Assigned task :: The full listing below should be printed word for word.

Source data ::

==========

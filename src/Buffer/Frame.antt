-- ===== src/Buffer/Frame.antt =====
-- Frames that own a buffer reference or file descriptors, src/common/wd_frame.c. A function gives
-- the new frame, and which descriptors it has opened and closed and which references it has taken
-- and given back.
pub mod Leaks
use waydisplay.Prelude.{
  ltb, ◌==◌, ◌/=◌, if◌then◌else◌, length, ℕ, ◌+◌, Bool, true, false, not, ◌&&◌, ◌||◌, Option, none,
  some, List, [], ◌∷◌,
}
use waydisplay.Buffer.{Layout}
use waydisplay.Buffer.Range.{cpu_range_valid}

-- struct wd_frame_drm_plane; `none` is a negative descriptor.
pub record Plane : Type 0 where
  pub fd : Option ℕ
  pub stride : ℕ
  pub offset : ℕ
  pub modifier : ℕ

-- enum wd_frame_storage with what the frame owns: the number of a buffer and its layout, or the
-- planes in use, of which there are four at most.
pub data Storage : Type 0 where
  no_storage : Storage
  cpu : ℕ → Layout → ℕ → ℕ → Storage
  drm_prime : List Plane → Storage

-- struct wd_frame
pub record PixelFrame : Type 0 where
  pub storage : Storage
  pub width : ℕ
  pub height : ℕ
  pub fourcc : ℕ
  pub pts_usec : ℕ

-- What a call has done.
pub record Effects : Type 0 where
  pub frame : PixelFrame
  pub ok : Bool
  pub opened : List ℕ
  pub closed : List ℕ
  pub retained : List ℕ
  pub given_back : List ℕ

abbrev pub max_planes : ℕ
max_planes = 4

-- wd_frame_init
abbrev pub frame_init : PixelFrame
frame_init = record { storage = no_storage; width = 0; height = 0; fourcc = 0; pts_usec = 0 }

abbrev pub plane_fds : List Plane → List ℕ
plane_fds [] = []
plane_fds (p ∷ ps) = elim p.fd [ none ↦ plane_fds ps | some fd ↦ fd ∷ plane_fds ps ]

-- The descriptors that wd_frame_reset closes.
abbrev pub owned_fds : PixelFrame → List ℕ
owned_fds f = elim f.storage [
  | no_storage ↦ []
  | cpu _ _ _ _ ↦ []
  | drm_prime planes ↦ plane_fds planes
]

-- The references that wd_frame_reset gives back.
abbrev pub owned_refs : PixelFrame → List ℕ
owned_refs f = elim f.storage [
  | no_storage ↦ []
  | cpu buffer _ _ _ ↦ buffer ∷ []
  | drm_prime _ ↦ []
]

-- wd_frame_reset
unfoldable pub frame_reset : PixelFrame → Effects
frame_reset f = record {
  frame = frame_init;
  ok = true;
  opened = [];
  closed = owned_fds f;
  retained = [];
  given_back = owned_refs f;
}

-- A call that returns false before it has done anything.
abbrev pub kept_frame : PixelFrame → Effects
kept_frame f = record {
  frame = f;
  ok = false;
  opened = [];
  closed = [];
  retained = [];
  given_back = [];
}

-- wd_frame_set_cpu_xrgb8888; `retains` is the outcome of wd_buffer_retain.
unfoldable pub set_cpu : PixelFrame → Bool → ℕ → Layout → ℕ → ℕ → ℕ → ℕ → ℕ → ℕ → Effects
unfolding cpu_range_valid frame_reset
set_cpu f retains buffer layout offset width height stride fourcc pts =
    if not (cpu_range_valid layout offset width height stride)
    then kept_frame f
    else if not retains
    then kept_frame f
    else (let reset = frame_reset f in
        record {
          frame = record {
            storage = cpu buffer layout offset stride;
            width = width;
            height = height;
            fourcc = fourcc;
            pts_usec = pts;
          };
          ok = true;
          opened = [];
          closed = reset.closed;
          retained = buffer ∷ [];
          given_back = reset.given_back;
        })

-- The loop of wd_frame_set_drm_prime_dup from plane `i` on: whether it gets through, the planes that
-- it has filled, and the descriptors that the calls of wd_frame_dup_cloexec have opened. `dup i` is
-- the outcome of the call for the plane.
unfoldable pub dup_planes : (ℕ → Option ℕ) → ℕ → List Plane → Bool × List Plane × List ℕ
dup_planes dup i [] = (true, [], [])
dup_planes dup i (p ∷ ps) =
    let (through, filled, copies) = dup_planes dup (i + 1) ps in
    elim p.fd [
      | none ↦ (false, [], [])
      | some _ ↦ if p.stride == 0 then (false, [], []) else elim (dup i) [
        | none ↦ (false, [], [])
        | some copy ↦ (through, record p { fd = some copy } ∷ filled, copy ∷ copies)
      ]
    ]

-- wd_frame_set_drm_prime_dup: the temporary frame takes the place of `f`, or it is reset.
unfoldable pub set_drm_prime_dup :
    PixelFrame → (ℕ → Option ℕ) → ℕ → ℕ → ℕ → ℕ → List Plane → Effects
unfolding dup_planes frame_reset
set_drm_prime_dup f dup width height fourcc pts planes =
    if width == 0 || (height == 0 || (length planes == 0 || ltb max_planes (length planes)))
    then kept_frame f
    else (let (through, filled, copies) = dup_planes dup 0 planes in
        let temporary : PixelFrame = record {
          storage = drm_prime filled;
          width = width;
          height = height;
          fourcc = fourcc;
          pts_usec = pts;
        } in
        let reset = frame_reset (if through then f else temporary) in
        record {
          frame = if through then temporary else f;
          ok = through;
          opened = copies;
          closed = reset.closed;
          retained = [];
          given_back = reset.given_back;
        })

abbrev pub planes_valid : List Plane → Bool
planes_valid [] = true
planes_valid (p ∷ ps) = elim p.fd [ none ↦ false | some _ ↦ p.stride /= 0 && planes_valid ps ]

-- wd_frame_valid
unfoldable pub frame_valid : PixelFrame → Bool
unfolding cpu_range_valid
frame_valid f = if f.width == 0 || f.height == 0 then false else elim f.storage [
  | no_storage ↦ false
  | cpu buffer layout offset stride ↦ cpu_range_valid layout offset f.width f.height stride
  | drm_prime planes ↦
      if length planes == 0 || ltb max_planes (length planes) then false else planes_valid planes
]

-- wd_frame_clone, onto another frame.
unfoldable pub frame_clone : PixelFrame → (ℕ → Option ℕ) → Bool → PixelFrame → Effects
unfolding frame_valid set_cpu set_drm_prime_dup
frame_clone destination dup retains source =
    if not (frame_valid source) then kept_frame destination else elim source.storage [
      | no_storage ↦ kept_frame destination
      | cpu buffer layout offset stride ↦
          set_cpu destination retains buffer layout offset source.width source.height stride
            source.fourcc source.pts_usec
      | drm_prime planes ↦
          set_drm_prime_dup destination dup source.width source.height source.fourcc source.pts_usec
            planes
    ]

==========

Written reply ::
filename src/Buffer/Frame.antt
-- ===== src/Buffer/Frame.antt =====
-- Frames that own a buffer reference or file descriptors, src/common/wd_frame.c. A function gives
-- the new frame, and which descriptors it has opened and closed and which references it has taken
-- and given back.
pub mod Leaks
use waydisplay.Prelude.{
  ltb, ◌==◌, ◌/=◌, if◌then◌else◌, length, ℕ, ◌+◌, Bool, true, false, not, ◌&&◌, ◌||◌, Option, none,
  some, List, [], ◌∷◌,
}
use waydisplay.Buffer.{Layout}
use waydisplay.Buffer.Range.{cpu_range_valid}

-- struct wd_frame_drm_plane; `none` is a negative descriptor.
pub record Plane : Type 0 where
  pub fd : Option ℕ
  pub stride : ℕ
  pub offset : ℕ
  pub modifier : ℕ

-- enum wd_frame_storage with what the frame owns: the number of a buffer and its layout, or the
-- planes in use, of which there are four at most.
pub data Storage : Type 0 where
  no_storage : Storage
  cpu : ℕ → Layout → ℕ → ℕ → Storage
  drm_prime : List Plane → Storage

-- struct wd_frame
pub record PixelFrame : Type 0 where
  pub storage : Storage
  pub width : ℕ
  pub height : ℕ
  pub fourcc : ℕ
  pub pts_usec : ℕ

-- What a call has done.
pub record Effects : Type 0 where
  pub frame : PixelFrame
  pub ok : Bool
  pub opened : List ℕ
  pub closed : List ℕ
  pub retained : List ℕ
  pub given_back : List ℕ

abbrev pub max_planes : ℕ
max_planes = 4

-- wd_frame_init
abbrev pub frame_init : PixelFrame
frame_init = record { storage = no_storage; width = 0; height = 0; fourcc = 0; pts_usec = 0 }

abbrev pub plane_fds : List Plane → List ℕ
plane_fds [] = []
plane_fds (p ∷ ps) = elim p.fd [ none ↦ plane_fds ps | some fd ↦ fd ∷ plane_fds ps ]

-- The descriptors that wd_frame_reset closes.
abbrev pub owned_fds : PixelFrame → List ℕ
owned_fds f = elim f.storage [
  | no_storage ↦ []
  | cpu _ _ _ _ ↦ []
  | drm_prime planes ↦ plane_fds planes
]

-- The references that wd_frame_reset gives back.
abbrev pub owned_refs : PixelFrame → List ℕ
owned_refs f = elim f.storage [
  | no_storage ↦ []
  | cpu buffer _ _ _ ↦ buffer ∷ []
  | drm_prime _ ↦ []
]

-- wd_frame_reset
unfoldable pub frame_reset : PixelFrame → Effects
frame_reset f = record {
  frame = frame_init;
  ok = true;
  opened = [];
  closed = owned_fds f;
  retained = [];
  given_back = owned_refs f;
}

-- A call that returns false before it has done anything.
abbrev pub kept_frame : PixelFrame → Effects
kept_frame f = record {
  frame = f;
  ok = false;
  opened = [];
  closed = [];
  retained = [];
  given_back = [];
}

-- wd_frame_set_cpu_xrgb8888; `retains` is the outcome of wd_buffer_retain.
unfoldable pub set_cpu : PixelFrame → Bool → ℕ → Layout → ℕ → ℕ → ℕ → ℕ → ℕ → ℕ → Effects
unfolding cpu_range_valid frame_reset
set_cpu f retains buffer layout offset width height stride fourcc pts =
    if not (cpu_range_valid layout offset width height stride)
    then kept_frame f
    else if not retains
    then kept_frame f
    else (let reset = frame_reset f in
        record {
          frame = record {
            storage = cpu buffer layout offset stride;
            width = width;
            height = height;
            fourcc = fourcc;
            pts_usec = pts;
          };
          ok = true;
          opened = [];
          closed = reset.closed;
          retained = buffer ∷ [];
          given_back = reset.given_back;
        })

-- The loop of wd_frame_set_drm_prime_dup from plane `i` on: whether it gets through, the planes that
-- it has filled, and the descriptors that the calls of wd_frame_dup_cloexec have opened. `dup i` is
-- the outcome of the call for the plane.
unfoldable pub dup_planes : (ℕ → Option ℕ) → ℕ → List Plane → Bool × List Plane × List ℕ
dup_planes dup i [] = (true, [], [])
dup_planes dup i (p ∷ ps) =
    let (through, filled, copies) = dup_planes dup (i + 1) ps in
    elim p.fd [
      | none ↦ (false, [], [])
      | some _ ↦ if p.stride == 0 then (false, [], []) else elim (dup i) [
        | none ↦ (false, [], [])
        | some copy ↦ (through, record p { fd = some copy } ∷ filled, copy ∷ copies)
      ]
    ]

-- wd_frame_set_drm_prime_dup: the temporary frame takes the place of `f`, or it is reset.
unfoldable pub set_drm_prime_dup :
    PixelFrame → (ℕ → Option ℕ) → ℕ → ℕ → ℕ → ℕ → List Plane → Effects
unfolding dup_planes frame_reset
set_drm_prime_dup f dup width height fourcc pts planes =
    if width == 0 || (height == 0 || (length planes == 0 || ltb max_planes (length planes)))
    then kept_frame f
    else (let (through, filled, copies) = dup_planes dup 0 planes in
        let temporary : PixelFrame = record {
          storage = drm_prime filled;
          width = width;
          height = height;
          fourcc = fourcc;
          pts_usec = pts;
        } in
        let reset = frame_reset (if through then f else temporary) in
        record {
          frame = if through then temporary else f;
          ok = through;
          opened = copies;
          closed = reset.closed;
          retained = [];
          given_back = reset.given_back;
        })

abbrev pub planes_valid : List Plane → Bool
planes_valid [] = true
planes_valid (p ∷ ps) = elim p.fd [ none ↦ false | some _ ↦ p.stride /= 0 && planes_valid ps ]

-- wd_frame_valid
unfoldable pub frame_valid : PixelFrame → Bool
unfolding cpu_range_valid
frame_valid f = if f.width == 0 || f.height == 0 then false else elim f.storage [
  | no_storage ↦ false
  | cpu buffer layout offset stride ↦ cpu_range_valid layout offset f.width f.height stride
  | drm_prime planes ↦
      if length planes == 0 || ltb max_planes (length planes) then false else planes_valid planes
]

-- wd_frame_clone, onto another frame.
unfoldable pub frame_clone : PixelFrame → (ℕ → Option ℕ) → Bool → PixelFrame → Effects
unfolding frame_valid set_cpu set_drm_prime_dup
frame_clone destination dup retains source =
    if not (frame_valid source) then kept_frame destination else elim source.storage [
      | no_storage ↦ kept_frame destination
      | cpu buffer layout offset stride ↦
          set_cpu destination retains buffer layout offset source.width source.height stride
            source.fourcc source.pts_usec
      | drm_prime planes ↦
          set_drm_prime_dup destination dup source.width source.height source.fourcc source.pts_usec
            planes
    ]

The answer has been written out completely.